The name Mysskin - UNFAMILIAR and EXOTIC, right? His cinema is just the SAME.
Films from Chithiram Pesuthadi (2006), and Anjathey (2008), to Pisasu (2014) and Super Deluxe (2019, as co-writer), to Psycho, which is scheduled to release on 24 January, have effectively been genre-bendres.
And you can see the evolution of his craft - from a raw, untreated visual language to a nuanced aesthetic.
Mysskin : What’s In a Name?
Mysskin is a pen name - he was born Shanmugha Raja. The filmmaker chose to be called Mysskin - a derivative of the Hebrew word for mouse.
What’s the relation between Mysskin and a mouse?
They both nibble at everything.
A conversation with Mysskin will take you around the world, across cinema from Japan, Germany and France. And introduce you to Dostoevsky, Tolstoy and Puthumai Piththan along the way. He’ll tell you something about everything.
But what the pen name truly signifies, is that he’s an Idiot.
Prince Myshkin is the protagonist of the Russian novelist Fyodor Dostoevsky’s, The Idiot. An extremely intelligent, empathetic individual with an incisive understanding of life. The world considers him an idiot, because of his overtly positive nature and aspirations. This about sums up director Mysskin’s approach to cinema.
He creates dark worlds with complex characters. But even in the midst of deep internal conflict, there is always that lone ray of sunshine.
Take the plot of Anjathey, for example. Two men who dream of becoming IPS officers. One who believes in getting in through merit, is predictably sidelined. And the other, who muscles his way in through money. The good man turns villain. The bad cop, inspired by the good man, rises above himself. At the climax, they both find redemption. The movie launched Prasanna as a powerful actor, and introduced Tamil cinema to the Mysskin genre.
The Mysskin Genre
This genre is quite fluid, simply because Mysskin, as a filmmaker, continues to grow and evolve. From shooting almost the entire film on steadycam (Anjathey, Onayum Attukuttiyum), to Psycho that feels like a study in static frames, Mysskin’s visual language is work in progress.

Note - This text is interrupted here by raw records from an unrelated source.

-- ===== src/Mm/Vma/Contents.antt =====
-- What `split`, `insert_node` and `remove_node` do to the areas in order.
use old_boruixkernel.Common.{
  ℕ, ◌+◌, ◌≤◌, ◌<◌, ◌≡◌, refl, ap, subst, ◌∙◌, Bool, true, false, some, List, [], ◌∷◌, ◌++◌, arith,
  All, All-imp, ltb, leb, Bool-cases, inl, inr, lt→ltb, ge→ltb, le→leb, gt→leb, leb→le, leb→gt,
  keep, keep-append, keep_every, keep_nothing, word_max, append_assoc, append-nil,
}
use old_boruixkernel.Mm.Vma.Area.{MemoryArea}
use old_boruixkernel.Mm.Vma.{
  Tree, leaf, node, areas, split, merge, insert_node, remove_node, new_node, root_area,
}
use old_boruixkernel.Mm.Vma.Shape.{IsSound, areas-merge, split-IsSound}
use old_boruixkernel.Mm.Vma.Order.{Chain, Chain-cut, Chain-le, Within, Chain-Within}

abbrev starts_before : ℕ → MemoryArea → Bool
starts_before key a = ltb a.start key

abbrev starts_from : ℕ → MemoryArea → Bool
starts_from key a = leb key a.start

before_every :
    (key : ℕ) (xs : List MemoryArea)
    → All (λ b. b.start < key) xs
    → (keep (starts_before key) xs ≡ xs) × (keep (starts_from key) xs ≡ [])
before_every key xs h = (
  keep_every (starts_before key) xs (
      All-imp (λ b. b.start < key) (λ b. starts_before key b ≡ true) (λ b. lt→ltb b.start key) xs
        h),
  keep_nothing (starts_from key) xs (
      All-imp (λ b. b.start < key) (λ b. starts_from key b ≡ false) (λ b. gt→leb key b.start) xs h),
)

from_every :
    (key : ℕ) (xs : List MemoryArea)
    → All (λ b. key ≤ b.start) xs
    → (keep (starts_before key) xs ≡ []) × (keep (starts_from key) xs ≡ xs)
from_every key xs h = (
  keep_nothing (starts_before key) xs (
      All-imp (λ b. key ≤ b.start) (λ b. starts_before key b ≡ false) (λ b. ge→ltb b.start key) xs
        h),
  keep_every (starts_from key) xs
      (All-imp (λ b. key ≤ b.start) (λ b. starts_from key b ≡ true) (λ b. le→leb key b.start) xs h),
)

-- `split` divides the areas by the start of each.
areas-split-keep :
    (t : Tree) (key lo hi : ℕ)
    → IsSound t
    → Chain lo hi (areas t)
    → (areas (split t key).0 ≡ keep (starts_before key) (areas t))
      × (areas (split t key).1 ≡ keep (starts_from key) (areas t))
unfolding split keep
areas-split-keep leaf key lo hi s c = (refl, refl)
areas-split-keep (node k a m p l r) key lo hi s c =
    let (cl, ca, cr) = Chain-cut lo hi (areas l) a (areas r) c in
    elim (Bool-cases (leb key k)) [
      | inl e ↦
          let le : key ≤ a.start = omega (arith, leb→le key k e, s.0) in
          let tail = from_every key (a ∷ areas r) (
            le,
            All-imp (Within a.end hi) (λ b. key ≤ b.start) (λ b w. omega arith) (areas r)
                (Chain-Within a.end hi (areas r) cr),
          ) in
          let (ih0, ih1) = areas-split-keep l key lo a.start s.5 cl in
          ground (
            arith,
            keep-append (starts_before key) (areas l) (a ∷ areas r),
            keep-append (starts_from key) (areas l) (a ∷ areas r),
            append-nil (keep (starts_before key) (areas l)),
          )
      | inr e ↦
          let lt : a.start < key = omega (arith, leb→gt key k e, s.0) in
          let front = before_every key (areas l) (
            All-imp (Within lo a.start) (λ b. b.start < key) (λ b w. omega arith) (areas l)
              (Chain-Within lo a.start (areas l) cl)) in
          let (ih0, ih1) = areas-split-keep r key a.end hi s.6 cr in
          ground (
            arith,
            keep-append (starts_before key) (areas l) (a ∷ areas r),
            keep-append (starts_from key) (areas l) (a ∷ areas r),
          )
    ]

module _ (t : Tree) (key lo hi : ℕ) (ls rs : List MemoryArea) (s : IsSound t)
    (c : Chain lo hi (areas t)) (e : areas t ≡ ls ++ rs) (h : All (λ b. b.start < key) ls)
    (g : All (λ b. key ≤ b.start) rs) where
  -- Where the areas are cut at the key, `split` gives the two parts.
  pub areas-split_cut : (areas (split t key).0 ≡ ls) × (areas (split t key).1 ≡ rs)
  areas-split_cut =
      let (low, high) = areas-split-keep t key lo hi s c in
      let (ls_low, ls_high) = before_every key ls h in
      let (rs_low, rs_high) = from_every key rs g in
      (
        rw (low, e, keep-append (starts_before key) ls rs, ls_low, rs_low, append-nil ls),
        rw (high, e, keep-append (starts_from key) ls rs, ls_high, rs_high),
      )

single :
    (xs : List MemoryArea) (b : MemoryArea) (ys : List MemoryArea) (a : MemoryArea)
    → xs ++ (b ∷ ys) ≡ a ∷ []
    → b ≡ a
single [] b ys a e = cc
single (x ∷ []) b ys a e = cc
single (x ∷ (x' ∷ xs)) b ys a e = cc

root_area_single : (t : Tree) (a : MemoryArea) → areas t ≡ a ∷ [] → root_area t ≡ some a
root_area_single leaf a e = cc
root_area_single (node k b m p l r) a e = ap some (single (areas l) b (areas r) a e)

-- A node goes between the areas before and after it.
pub areas-insert_node :
    (t : Tree) (area : MemoryArea) (lo hi : ℕ) (ls rs : List MemoryArea)
    → IsSound t
    → Chain lo hi (areas t)
    → areas t ≡ ls ++ rs
    → All (λ b. b.start < area.start) ls
    → All (λ b. area.start ≤ b.start) rs
    → areas (insert_node t area) ≡ ls ++ (area ∷ rs)
unfolding insert_node
areas-insert_node leaf area lo hi [] [] s c e h g = refl
areas-insert_node leaf area lo hi [] (y ∷ rs) s c e h g = cc
areas-insert_node leaf area lo hi (x ∷ ls) rs s c e h g = cc
areas-insert_node (node k a m p l r) area lo hi ls rs s c e h g =
    let (low, high) = areas-split_cut (node k a m p l r) area.start lo hi ls rs s c e h g in
    let parts = areas-merge (split (node k a m p l r) area.start).0 (new_node area) in
    let whole =
      areas-merge (merge (split (node k a m p l r) area.start).0 (new_node area))
        (split (node k a m p l r) area.start).1 in
    whole ∙ rw (parts, low, high) (append_assoc ls (area ∷ []) rs)

-- The area that starts at the key is taken out and handed back.
pub areas-remove_node :
    (t : Tree) (lo hi : ℕ) (ls : List MemoryArea) (a : MemoryArea) (rs : List MemoryArea)
    → IsSound t
    → Chain lo hi (areas t)
    → hi ≤ word_max
    → areas t ≡ ls ++ (a ∷ rs)
    → (areas (remove_node t a.start).0 ≡ ls ++ rs) × ((remove_node t a.start).1 ≡ some a)
unfolding remove_node
areas-remove_node t lo hi ls a rs s c top e =
    let (cl, ca, cr) = Chain-cut lo hi ls a rs (subst (Chain lo hi) e c) in
    let r = (split t a.start).1 in
    let on_right : Chain a.start hi (a ∷ rs) = (omega arith, ca, cr) in
    let inside = Chain-le a.end hi rs cr in
    let low =
      All-imp (Within lo a.start) (λ b. b.start < a.start) (λ b w. omega arith) ls
        (Chain-Within lo a.start ls cl) in
    let high =
      All-imp (Within a.end hi) (λ b. a.start + 1 ≤ b.start) (λ b w. omega arith) rs
        (Chain-Within a.end hi rs cr) in
    let first = areas-split_cut t a.start lo hi ls (a ∷ rs) s c e low (
      omega arith,
      All-imp (λ b. a.start + 1 ≤ b.start) (λ b. a.start ≤ b.start) (λ b w. omega arith) rs high,
    ) in
    let second =
      areas-split_cut r (a.start + 1) a.start hi (a ∷ []) rs (split-IsSound t a.start s).1
        (rw first.1 on_right) first.1 (omega arith, tt) high in
    let parts = areas-merge (split t a.start).0 (split r (a.start + 1)).1 in
    let joined = rw (first.0, second.1) at parts in
    let found = root_area_single (split r (a.start + 1)).0 a second.0 in
    ground (arith, joined, found)

-- A list is cut in one way between the areas that start before the key and those that do not.
pub cut_unique :
    (key : ℕ) (ls rs ms ps : List MemoryArea)
    → ls ++ rs ≡ ms ++ ps
    → All (λ b. b.start < key) ls
    → All (λ b. key ≤ b.start) rs
    → All (λ b. b.start < key) ms
    → All (λ b. key ≤ b.start) ps
    → (ls ≡ ms) × (rs ≡ ps)
cut_unique key [] rs [] ps e hl hr hm hp = (refl, e)
cut_unique key [] [] (m ∷ ms) ps e hl hr hm hp = cc
cut_unique key [] (r ∷ rs) (m ∷ ms) ps e hl hr hm hp = absurd (ground arith)
cut_unique key (l ∷ ls) rs [] [] e hl hr hm hp = cc
cut_unique key (l ∷ ls) rs [] (p ∷ ps) e hl hr hm hp = absurd (ground arith)
cut_unique key (l ∷ ls) rs (m ∷ ms) ps e hl hr hm hp =
    let (lefts, rights) = cut_unique key ls rs ms ps (cc) hl.1 hr hm.1 hp in (cc, rights)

But his faith in prolonged silences, sudden breathing spaces minus music, movement or dialogue scattered across poignant moments, and sudden bursts of action, are consistent tropes.
Like Martin Scorsese’s fixation on the central character’s moral/Christian dilemma, Mysskin places his characters in deeply unsettling situations. Invariably, the characters or the audience, end up changing their perspectives about an individual or the story, or the film itself.
Pisasu (2014) is a ghost story, released in a year that saw the rise of the comedy/horror genre. There was neither comedy nor horror in Pisasu. And it turned out to be a story about father-daughter relationship. Incidentally, the father isn’t the central character of the film.
Cinema As Art, For All?
This is, of course, every filmmaker and artist’s dream. But Mysskin’s journey towards making a deeply technical film that appeals to all, is beautiful to watch.
He mingles his love for Kurosawa’s visual drama, with an entirely unique way of directing his actors. He sets up scenes that are unsettling visually, because they don’t look like ‘normal cinema’. Like the hunting scene in Onayum Attukkutiyum (2013), that’s dark, jittery, unevenly lit. And yet, there’s something in it, in the performances, the rawness of it all, that makes the scene a gripping watch.
What truly sets Mysskin’s cinema apart is his effort in trying to make his films speak in multiple voices, where different parts of the film reveal the story from the viewpoint of different characters. Like Kurosawa’s Seven Samurai. Or Twelve Angry Men. Or Dostoevsky’s The Idiot, that gave Mysskin his name, and his ouvre.